I used to mince meat in my food processor; it does a decent job but the meat is likely to be very finely chopped in this method, almost paste-like if you process it for too long. The better approach is to use a proper meat grinder, and KitchenAid owners will rejoice in knowing that the meat grinder attachment does a fabulous job in grinding meat in coarse or fine textures. The simplest approach, of course, is to ask your butcher to grind the meat for you.
And the reason why I think freshly-ground mince tastes best is because you can choose the cut of meat yourself; selecting a good-quality cut of meat means that you can control both the flavour (some cuts of meat taste better than others) and know exactly what it is that you are eating. For this recipe, I like to use a cut of beef which the French and Swiss call entrecôte, which is termed as rib-eye or sirloin in other parts of the world. It is a flavourful cut of beef with a good amount of marbling, making it a good choice for a bolognese sauce which needs a robust, meaty base.

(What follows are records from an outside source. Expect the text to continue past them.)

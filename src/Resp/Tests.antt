-- ===== src/Resp/Tests.antt =====
-- resp.hpp at concrete inputs.
use ultra_net.Prelude.{List, length, arith, ◌≤◌, ◌≡◌, refl, [], ◌∷◌, codes, Bytes, ◌++◌}
use ultra_net.Prelude.Decimal.{read_digits, to_string}
use ultra_net.Resp.{
  parse_request, returns, undefined, need_more, detect_response, encode_request,
  detect_request_boundary, RespRequest, response_end,
}
use ultra_net.Resp.RoundTrip.{parse_request-encode_request}
use ultra_net.Resp.Request.{parse_request-append, detect_request_boundary-parse_request}
use ultra_net.Resp.Response.{response_end_fuel}
use ultra_net.Resp.Replies.{
  Reply, Replies, array, bulk, null_bulk, more, IsWire, wire, detect_response-wire,
}

ping :
    parse_request (codes "*1\r\n$4\r\nPING\r\n+OK")
    ≡ returns (record { args = codes "PING" ∷ []; consumed = 14 })
unfolding parse_request read_digits ultra_net.Resp.number_line ultra_net.Resp.crlf
    ultra_net.Resp.parse_args ultra_net.Resp.bulk_header
ping = refl

inline :
    parse_request (codes " SET  k v\r\nx")
    ≡ returns (record { args = codes "SET" ∷ codes "k" ∷ codes "v" ∷ []; consumed = 11 })
unfolding parse_request read_digits ultra_net.Resp.parse_inline ultra_net.Resp.to_cr
    ultra_net.Resp.crlf ultra_net.Resp.split_spaces
inline = refl

overflow : parse_request (codes "*9223372036854775808\r\n") ≡ undefined
unfolding parse_request read_digits ultra_net.Resp.number_line
overflow = refl

nested : detect_response (codes "*2\r\n$3\r\nabc\r\n*1\r\n:7\r\n+rest") ≡ returns 21
unfolding detect_response read_digits ultra_net.Resp.response_end ultra_net.Resp.number_line
    ultra_net.Resp.crlf ultra_net.Resp.elements_end ultra_net.Resp.bulk_end ultra_net.Resp.line_end
    ultra_net.Resp.array_end
nested = refl

huge_count : detect_response (codes "*999999999999\r\n$3\r\n") ≡ returns 0
unfolding detect_response read_digits ultra_net.Resp.response_end ultra_net.Resp.number_line
    ultra_net.Resp.crlf ultra_net.Resp.elements_end ultra_net.Resp.bulk_end ultra_net.Resp.array_end
huge_count = refl

encoded : encode_request (codes "GET" ∷ codes "k" ∷ []) ≡ codes "*2\r\n$3\r\nGET\r\n$1\r\nk\r\n"
unfolding encode_request to_string ultra_net.Resp.encode_args ultra_net.Resp.encode_bulk
encoded = refl

boundary : detect_request_boundary (codes "*2\r\n$3\r\nGET\r\n$1\r\nk\r\n*1") ≡ returns 20
unfolding detect_request_boundary read_digits ultra_net.Resp.request_end ultra_net.Resp.number_line
    ultra_net.Resp.crlf ultra_net.Resp.skip_args ultra_net.Resp.bulk_header
boundary = refl

abbrev get_k : List Bytes
get_k = codes "GET" ∷ codes "k" ∷ []

parse_request-encode_request_example :
    parse_request (encode_request get_k ++ codes "*1\r\n")
    ≡ returns (record { args = get_k; consumed = length (encode_request get_k) })
parse_request-encode_request_example =
    parse_request-encode_request get_k (codes "*1\r\n") (omega arith) (omega arith)

abbrev ping_request : RespRequest
ping_request = record { args = codes "PING" ∷ []; consumed = 14 }

ping_whole : parse_request (codes "*1\r\n$4\r\nPING\r\n") ≡ returns ping_request
unfolding parse_request read_digits ultra_net.Resp.number_line ultra_net.Resp.crlf
    ultra_net.Resp.parse_args ultra_net.Resp.bulk_header
ping_whole = refl

parse_request-append_example :
    (parse_request (codes "*1\r\n$4\r\nPING\r\n" ++ codes "*1") ≡ returns ping_request)
    × (14 ≤ length (codes "*1\r\n$4\r\nPING\r\n"))
parse_request-append_example =
    parse_request-append (codes "*1\r\n$4\r\nPING\r\n") (codes "*1") ping_request ping_whole
      (omega arith)

detect_request_boundary-parse_request_example :
    detect_request_boundary (codes "*1\r\n$4\r\nPING\r\n") ≡ returns 14
detect_request_boundary-parse_request_example =
    detect_request_boundary-parse_request (codes "*1\r\n$4\r\nPING\r\n") ping_request ping_whole
      (omega arith) (omega arith)

integer_reply : detect_response (codes ":42\r\n") ≡ returns 5
unfolding detect_response response_end ultra_net.Resp.line_end
integer_reply = refl

response_end_fuel_example :
    response_end 20 (codes "*1\r\n:1\r\n") ≡ response_end 9 (codes "*1\r\n:1\r\n")
response_end_fuel_example =
    response_end_fuel 20 9 (codes "*1\r\n:1\r\n") (omega arith) (omega arith)

abbrev pair_reply : Reply
pair_reply =
    array (more (bulk (codes "ab")) (more (array (more null_bulk Replies.none)) Replies.none))

pair_reply-IsWire : IsWire pair_reply
unfolding IsWire
pair_reply-IsWire = omega arith

detect_response-wire_example :
    detect_response (wire pair_reply ++ codes "+OK") ≡ returns (length (wire pair_reply))
detect_response-wire_example = detect_response-wire pair_reply (codes "+OK") pair_reply-IsWire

The original recipe calls for topside steak, so you can also try this particular cut if it is available where you live.
I find that this recipe yields more or less enough for 4 adult serves, but it’s a good idea to double the quantities and freeze some sauce in portions to squirrel away in the freezer for those nights when only a big bowl of pasta will do.
Recipe inspired by Bill and Toni’s Restaurant, 72-74 Stanley Street, Darlinghurts, NSW, Australia
As published in Real Living Magazine, June 2012, page 159
Once you have made the Bolognese Sauce, you can serve it with any pasta of your choice.
The uses for Bolognese Sauce are endless. It’s lovely added to some béchamel sauce for a creamy pasta sauce, or you can go one step further and make a lasagne, substituting the tomato sauce for this Bolognese Sauce. I also sometimes use leftover Bolognese Sauce as a base for a Shepherd’s Pie, in which case I would add some mushrooms and frozen peas when reheating to make it a bit more substantial.